川を下る 〜 中央線で下る
吉祥寺から中央線に乗る。
橙線の車両は武蔵野台地を西から東へ走る。
東京は本来、水の都である。鉄の道は、井の頭恩賜公園と石神井公園と善福寺公園の武蔵野三大湧水地の間を縫い、隅田川を経由して東京湾まで対となる。
一羽の烏がいる。大和の神の眷属たる烏。恩賜の恩寵を受け、井の頭を統べる漆黒の烏。
彼は空の道と同じくらい鉄の道を利用する。新宿を抜け、高架からその名の通り谷間となる四谷を過ぎたあたり、見下ろした中央線屋根上に黒い点があったら、それは彼だ。つぶさに街を見つめ、人を見つめ、飯を探す。海まで行って戻ることもしばしばで、もしも一尾の魚が中央線の屋根で跳ねていたら、彼の忘れ物だ。

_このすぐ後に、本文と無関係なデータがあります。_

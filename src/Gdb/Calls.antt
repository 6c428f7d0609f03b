-- ===== src/Gdb/Calls.antt =====
-- The calls of `GDB::gdb_main_loop`, main/gdb_main.cpp, whatever the packet.
use blackmagic_espidf.Base.{ℕ, ◌≡◌, Bool, true, false, Option, none, some, List, [], get_or}
use blackmagic_espidf.Base.Text.{codes, str_eq}
use blackmagic_espidf.Gdb.Poll.{Reason}
use blackmagic_espidf.Gdb.State.{Pointer, Server, Client, Probe, Out, answer}
use blackmagic_espidf.Gdb.Run.{step}
use blackmagic_espidf.Gdb.Query.{query}
use blackmagic_espidf.Gdb.Verbose.{verb}
use blackmagic_espidf.Gdb.Server.{
  Command, read_registers, write_registers, read_register, write_register, memory_read,
  memory_write, binary_write, breakpoint, select, extended, unsupported, stepped, resumed,
  interrupted, halt_reason, detached, killed, restarted, syscall_done, queried, verbose, command_of,
  on_reason, on_other, Next, loop, leave, on_syscall_done, on_command, handle,
}
use blackmagic_espidf.Gdb.Pointers.{
  At, is_null, Knows, Attaches, Keeps, server, replies-AreOn, if_Keeps, answer-Keeps, resume-Keeps,
  detach-Keeps, kill-Keeps, interrupt-Keeps,
}
use blackmagic_espidf.Gdb.Handlers.{
  read_regs-Keeps, write_regs-Keeps, read_reg-Keeps, write_reg-Keeps, on_read_memory-Keeps,
  on_write_memory-Keeps, on_write_binary-Keeps, handle_z_packet-Keeps,
}
use blackmagic_espidf.Gdb.Attached.{
  failed_restart, unchecked_query, restart-Keeps, handle_q_packet-Keeps,
}
use blackmagic_espidf.Gdb.Verbs.{unchecked_verb, handle_v_packet-Keeps}

-- The packets whose case calls a function of the probe firmware on a null pointer.
unfoldable pub unchecked_command : Probe → Pointer → Pointer → List ℕ → Command → Bool
unchecked_command w cur last packet interrupted = is_null cur
unchecked_command w cur last packet restarted = failed_restart w cur last
unchecked_command w cur last packet verbose = unchecked_verb cur (verb w packet)
unchecked_command w cur last packet queried = unchecked_query w cur packet (query w packet)
unchecked_command w cur last packet read_registers = false
unchecked_command w cur last packet write_registers = false
unchecked_command w cur last packet read_register = false
unchecked_command w cur last packet write_register = false
unchecked_command w cur last packet memory_read = false
unchecked_command w cur last packet memory_write = false
unchecked_command w cur last packet binary_write = false
unchecked_command w cur last packet breakpoint = false
unchecked_command w cur last packet select = false
unchecked_command w cur last packet extended = false
unchecked_command w cur last packet unsupported = false
unchecked_command w cur last packet stepped = false
unchecked_command w cur last packet resumed = false
unchecked_command w cur last packet halt_reason = false
unchecked_command w cur last packet detached = false
unchecked_command w cur last packet killed = false
unchecked_command w cur last packet syscall_done = false

unfoldable pub unchecked : Probe → Server → List ℕ → Bool
unfolding unchecked_command
unchecked w s packet =
    unchecked_command w s.cur_target s.last_target packet (command_of (get_or packet 0 0))

abbrev pub NextKeeps : (ℕ → Type 0) → Bool → Next → Type 0
NextKeeps R nulls (loop o) = Keeps R nulls o
NextKeeps R nulls leave = Unit

module _ (R : ℕ → Type 0) (nulls : Bool) (mode : Bool) (c : Client) (w : Probe)
    (attaches : Attaches R w) where
  abbrev Kept : Pointer → Pointer → (Server → Client → Out) → Type 0
  Kept cur last handler = At R cur → At R last → Keeps R nulls (handler (server cur last mode) c)

  on_reason-Keeps : (reason : Reason) (cur last : Pointer) → Kept cur last (on_reason reason)
  unfolding on_reason
  on_reason-Keeps reason none last on on' = record {
    calls = replies-AreOn R nulls _;
    knows = record { cur = on; last = on' };
  }
  on_reason-Keeps reason (some t) last on on' = record {
    calls = (on, replies-AreOn R nulls _);
    knows = record { cur = on; last = on' };
  }

  non_stop-Keeps :
      (scan : Option Bool) (cur last : Pointer)
      → Kept cur last (λ s c. elim scan [
        | some b ↦ answer s (record c { non_stop = b }) (codes "OK")
        | none ↦ answer s c []
      ])
  non_stop-Keeps none cur last on on' = answer-Keeps R nulls last mode c on' cur [] on
  non_stop-Keeps (some b) cur last on on' = record {
    calls = (tt, tt);
    knows = record { cur = on; last = on' };
  }

  on_other-Keeps :
      (packet : List ℕ) (cur last : Pointer) → Kept cur last (λ s c. on_other w s c packet)
  unfolding on_other
  on_other-Keeps packet cur last on on' =
      if_Keeps R nulls (str_eq packet (codes "QStartNoAckMode"))
        (record { calls = (tt, tt); knows = record { cur = on; last = on' } })
        (non_stop-Keeps (w.scan_non_stop packet) cur last on on')

  on_syscall_done-Keeps :
      (in_syscall : Bool) (cur last : Pointer)
      → At R cur
      → At R last
      → NextKeeps R nulls (on_syscall_done in_syscall (server cur last mode) c)
  on_syscall_done-Keeps true cur last on on' = tt
  on_syscall_done-Keeps false cur last on on' = answer-Keeps R nulls last mode c on' cur [] on

  module _ (digits : ℕ → List ℕ) (reason : Reason) (in_syscall : Bool) where
    on_command-Keeps :
        (packet : List ℕ) (cur last : Pointer) (command : Command)
        → (unchecked_command w cur last packet command ≡ true → nulls ≡ true)
        → At R cur
        → At R last
        → NextKeeps R nulls
            (on_command digits w reason in_syscall (server cur last mode) c packet command)
    unfolding on_command unchecked_command step
    on_command-Keeps packet cur last read_registers h on on' =
        read_regs-Keeps R nulls last mode c on' w cur on
    on_command-Keeps packet cur last write_registers h on on' =
        write_regs-Keeps R nulls last mode c on' w packet cur on
    on_command-Keeps packet cur last read_register h on on' =
        read_reg-Keeps R nulls last mode c on' w packet cur on
    on_command-Keeps packet cur last write_register h on on' =
        write_reg-Keeps R nulls last mode c on' w packet cur on
    on_command-Keeps packet cur last memory_read h on on' =
        on_read_memory-Keeps R nulls last mode c on' w packet cur on
    on_command-Keeps packet cur last memory_write h on on' =
        on_write_memory-Keeps R nulls last mode c on' w packet _ cur on
    on_command-Keeps packet cur last binary_write h on on' =
        on_write_binary-Keeps R nulls last mode c on' w packet _ cur on
    on_command-Keeps packet cur last breakpoint h on on' =
        handle_z_packet-Keeps R nulls last mode c on' w packet cur on
    on_command-Keeps packet cur last select h on on' = answer-Keeps R nulls last mode c on' cur _ on
    on_command-Keeps packet cur last extended h on on' =
        answer-Keeps R nulls last mode c on' cur _ on
    on_command-Keeps packet cur last unsupported h on on' = on_other-Keeps packet cur last on on'
    on_command-Keeps packet cur last stepped h on on' =
        resume-Keeps R nulls last mode (record c { single_step = true }) on' cur on
    on_command-Keeps packet cur last resumed h on on' = resume-Keeps R nulls last mode c on' cur on
    on_command-Keeps packet cur last interrupted h on on' =
        interrupt-Keeps R nulls last mode c on' cur h on
    on_command-Keeps packet cur last halt_reason h on on' = on_reason-Keeps reason cur last on on'
    on_command-Keeps packet cur last detached h on on' = detach-Keeps R nulls last mode c on' cur on
    on_command-Keeps packet cur last killed h on on' = kill-Keeps R nulls last mode c on' cur on
    on_command-Keeps packet cur last restarted h on on' =
        restart-Keeps R nulls mode c w attaches cur last h on on'
    on_command-Keeps packet cur last syscall_done h on on' =
        on_syscall_done-Keeps in_syscall cur last on on'
    on_command-Keeps packet cur last queried h on on' =
        handle_q_packet-Keeps R nulls mode c w attaches digits packet cur last h on on'
    on_command-Keeps packet cur last verbose h on on' =
        handle_v_packet-Keeps R nulls mode c w attaches packet cur last h on on'

-- Each call that a packet causes is on a target with the property, and so are the variables then, if
-- they were before and the targets that are attached have it; a null pointer is passed only by the
-- packets that `unchecked` names.
pub handle-Keeps :
    (R : ℕ → Type 0) (digits : ℕ → List ℕ) (w : Probe) (reason : Reason) (in_syscall : Bool)
    → (s : Server) (c : Client) (packet : List ℕ) → Attaches R w
    → Knows R s
    → NextKeeps R (unchecked w s packet) (handle digits w reason in_syscall s c packet)
unfolding handle unchecked
handle-Keeps R digits w reason in_syscall s c packet attaches k =
    on_command-Keeps R (unchecked w s packet) s.flash_mode c w attaches digits reason in_syscall
      packet s.cur_target s.last_target (command_of (get_or packet 0 0)) (λ e. e) k.cur k.last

彼は見抜く。この数ヶ月で多少の増減はあれど、大局的には人間が減ったことを。したがって、旨い飯が減ったことを。ならばと考える。味を取るべきか否か。卑しくも大和の神の眷属が妥協を受け入れるべきか?と。
悩む内、お茶の水で黄色い線の車両に乗り換える。秋葉原を過ぎてすこし潮の匂いがする。しかし、井の頭を手放すわけにはいかないと、何度目か決意し直す。